Over that period, the city would collect $3.3 million, according to Councilor Jason Grow, who served on the negotiating committee comprised of the city's financial team and lawyers and assigned by Mayor Carolyn Kirk in September to find a formula to seal the deal.

Taxes on $3 million in land assessments are to be collected in full. The negotiators calculated that the $2.3 million tax forgiveness over 12 years equates to $1.2 million in "net present value."

Park initially asked for a tax relief agreement for 20 years. The negotiating committee introduced a 13-year plan Tuesday before cutting it back to 12 on Thursday.

Tax attorney Ray Miyares, a consultant to the negotiating committee, described the arrangement as enticing Park to produce the highest possible value project. "The higher the value, the higher the tax savings," said Miyares.

Kirk yesterday hailed the agreement.

"Gloucester needs the tax revenue, jobs, and consumer choices that Gloucester Crossing and DeMoulas will provide now more than ever," the mayor said in an e-mail to the Times.

But Valerie Nelson, an opponent of any tax relief for Park, said that "the city appears to have joined at the hip with a developer who chose an extraordinarily expensive site to develop, and now expects the citizens of Gloucester to pay for that choice."

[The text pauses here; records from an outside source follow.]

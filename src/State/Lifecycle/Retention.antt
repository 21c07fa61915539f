-- ===== src/State/Lifecycle/Retention.antt =====
-- The retention of src/mr_hide/state/lifecycle.py: which states `_load_active` returns.
use mr_hide.Prelude.{
  if◌then◌else◌, Bool-cases, ℕ, ◌+◌, ◌-◌, ◌≤◌, ◌<◌, ◌≡◌, refl, sym, ap, subst, ◌∙◌, ◌⊎◌, inl, inr,
  Bool, true, false, arith,
}
use mr_hide.Errors.{
  privacy, vault, runtime, responses, messages, malformed, builtin, Result, err, ok, err≢ok,
}
use mr_hide.State.Models.{ConversationState}
use mr_hide.State.Store.{Files, pure}
use mr_hide.State.Repository.{Codec, delete_if_inactive}
use mr_hide.State.Lifecycle.{
  Loaded, active, stopped, World, retention_period, now_at, is_expired, retention_cutoff,
  load_or_status, deleted_or_reloaded, discard, unless_expired, load_active,
}
use mr_hide.State.Lifecycle.Release.{continue-ok}

module _ (codec : Codec) (world : World) (n : ℕ) where
  -- The first load gave the state, and its last activity is less than 30 days ago.
  abbrev pub IsFresh : ConversationState → Files → Type 0
  IsFresh state files =
      (now : ℕ) × (now_at world 0 ≡ ok now)
      × (now < state.last_activity + retention_period)
      × ((load_or_status codec world 0 n files).1 ≡ ok (active state))

  -- the call of `delete_if_inactive` behind the first load
  abbrev pub deletion : ℕ → Files → Files × Result Bool
  deletion now files =
      delete_if_inactive codec (world.env 1) n (now - retention_period)
        (load_or_status codec world 0 n files).0

  -- The first load gave a state whose last activity was at least 30 days ago; `delete_if_inactive`,
  -- called for what is older than that, reported no deletion; and the state is from the load behind it.
  abbrev pub IsReloaded : ConversationState → Files → Type 0
  IsReloaded state files =
      (now : ℕ) × (first : ConversationState) × (now_at world 0 ≡ ok now)
      × ((load_or_status codec world 0 n files).1 ≡ ok (active first))
      × (first.last_activity + retention_period ≤ now)
      × ((deletion now files).1 ≡ ok false)
      × ((load_or_status codec world 2 n (deletion now files).0).1 ≡ ok (active state))

  deleted_or_reloaded-active :
      (m : Files × Result Bool) (state : ConversationState)
      → (deleted_or_reloaded codec world n m).1 ≡ ok (active state)
      → (m.1 ≡ ok false) × ((load_or_status codec world 2 n m.0).1 ≡ ok (active state))
  unfolding deleted_or_reloaded
  deleted_or_reloaded-active (files, ok true) state h = cc
  deleted_or_reloaded-active (files, ok false) state h = (refl, h)
  deleted_or_reloaded-active (files, err (vault reason)) state h = cc
  deleted_or_reloaded-active (files, err (privacy reason)) state h = absurd (err≢ok h)
  deleted_or_reloaded-active (files, err (runtime reason)) state h = absurd (err≢ok h)
  deleted_or_reloaded-active (files, err builtin) state h = absurd (err≢ok h)
  deleted_or_reloaded-active (files, err (responses reason)) state h = absurd (err≢ok h)
  deleted_or_reloaded-active (files, err (messages reason)) state h = absurd (err≢ok h)
  deleted_or_reloaded-active (files, err malformed) state h = absurd (err≢ok h)

  retention_cutoff-ok :
      (now cutoff : ℕ) → retention_cutoff now ≡ ok cutoff → now - retention_period ≡ cutoff
  unfolding retention_cutoff
  retention_cutoff-ok now cutoff h = ground arith

  discard-active :
      (now : ℕ) (before : Files) (state : ConversationState)
      → (discard codec world n now before).1 ≡ ok (active state)
      → ((delete_if_inactive codec (world.env 1) n (now - retention_period) before).1 ≡ ok false)
        × ((load_or_status codec world 2 n
              (delete_if_inactive codec (world.env 1) n (now - retention_period) before).0).1
            ≡ ok (active state))
  unfolding discard
  discard-active now before state h =
      let (cutoff, c, e) =
        continue-ok (before, retention_cutoff now)
          (λ cutoff found.
            deleted_or_reloaded codec world n
              (delete_if_inactive codec (world.env 1) n cutoff found))
          h in
      subst
        (λ k.
          ((delete_if_inactive codec (world.env 1) n k before).1 ≡ ok false)
          × ((load_or_status codec world 2 n
                (delete_if_inactive codec (world.env 1) n k before).0).1
              ≡ ok (active state)))
        (sym (retention_cutoff-ok now cutoff c))
        (deleted_or_reloaded-active (delete_if_inactive codec (world.env 1) n cutoff before) state
          (sym (ap (λ m. m.1) e) ∙ h))

  expired_then :
      (state : ConversationState) (now : ℕ)
      → is_expired state now ≡ true
      → state.last_activity + retention_period ≤ now
  unfolding is_expired
  expired_then state now h = ground arith

  not_expired :
      (state : ConversationState) (now : ℕ)
      → is_expired state now ≡ false
      → now < state.last_activity + retention_period
  unfolding is_expired
  not_expired state now h = ground arith

  unless_expired-active :
      (loaded : Loaded) (files : Files) (state : ConversationState)
      → (load_or_status codec world 0 n files).1 ≡ ok loaded
      → (unless_expired codec world n loaded (load_or_status codec world 0 n files).0).1
        ≡ ok (active state)
      → IsFresh state files ⊎ IsReloaded state files
  unfolding unless_expired
  unless_expired-active (stopped r) files state p h = cc
  unless_expired-active (active first) files state p h =
      let (now, clock, e) =
        continue-ok ((load_or_status codec world 0 n files).0, now_at world 0)
          (λ now. if is_expired first now then discard codec world n now else pure (active first))
          h in
      let reply = sym (ap (λ m. m.1) e) ∙ h in
      elim (Bool-cases (is_expired first now)) [
        | inl late ↦
            let (kept, again) =
              discard-active now (load_or_status codec world 0 n files).0 state
                (rw late at reply) in
            inr (now, first, clock, p, expired_then first now late, kept, again)
        | inr fresh ↦
            let same : ok (active first) ≡ ok (active state) = rw fresh at reply in
            let equal : first ≡ state = active-injective same in
            inl (
              now,
              clock,
              subst (λ s. now < s.last_activity + retention_period) equal
                  (not_expired first now fresh),
              p ∙ same,
            )
      ]
    where
      active-injective : {a b : ConversationState} → ok (active a) ≡ ok (active b) → a ≡ b
      active-injective q = cc

  -- _load_active returns a state only if it was loaded with a last activity less than 30 days
  -- before the time that the clock showed, or if the state that was loaded first was not,
  -- delete_if_inactive then reported no deletion, and the state is what was loaded behind that.
  pub load_active-IsFresh :
      (files : Files) (state : ConversationState)
      → (load_active codec world n files).1 ≡ ok (active state)
      → IsFresh state files ⊎ IsReloaded state files
  unfolding load_active
  load_active-IsFresh files state h =
      let m = load_or_status codec world 0 n files in
      let (loaded, p, e) = continue-ok m (unless_expired codec world n) h in
      unless_expired-active loaded files state p (sym (ap (λ x. x.1) e) ∙ h)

The agreement was reached and announced Thursday, then immediately vetted and approved by Grow's Budget and Finance Committee. But the vote was not unanimous, leaving the fate or perhaps structure of the deal uncertain as it heads toward a showdown at a single-issue, special meeting of the council, set for Wednesday, Dec. 3.

Since Park came forward three years ago to offer a shopping center on property carrying state-mandated permits for a 240-unit, mixed-income Chapter 40B apartment complex, his ideas have generated an unprecedented volume and passion in written and oral arguments.

A group calling itself No Free Lunch for Gloucester Crossing continues to fight against the city giving Park financial help to pay for about $7 million in required infrastructure via tax relief.

No Free Lunch member Nelson argued the city needs the subsidy more than the developer.

"If Sam Park needs helping financing his expensive and difficult project," she said in an e-mail yesterday, "he should turn to the entity in the room with the biggest bucks, DeMoulas."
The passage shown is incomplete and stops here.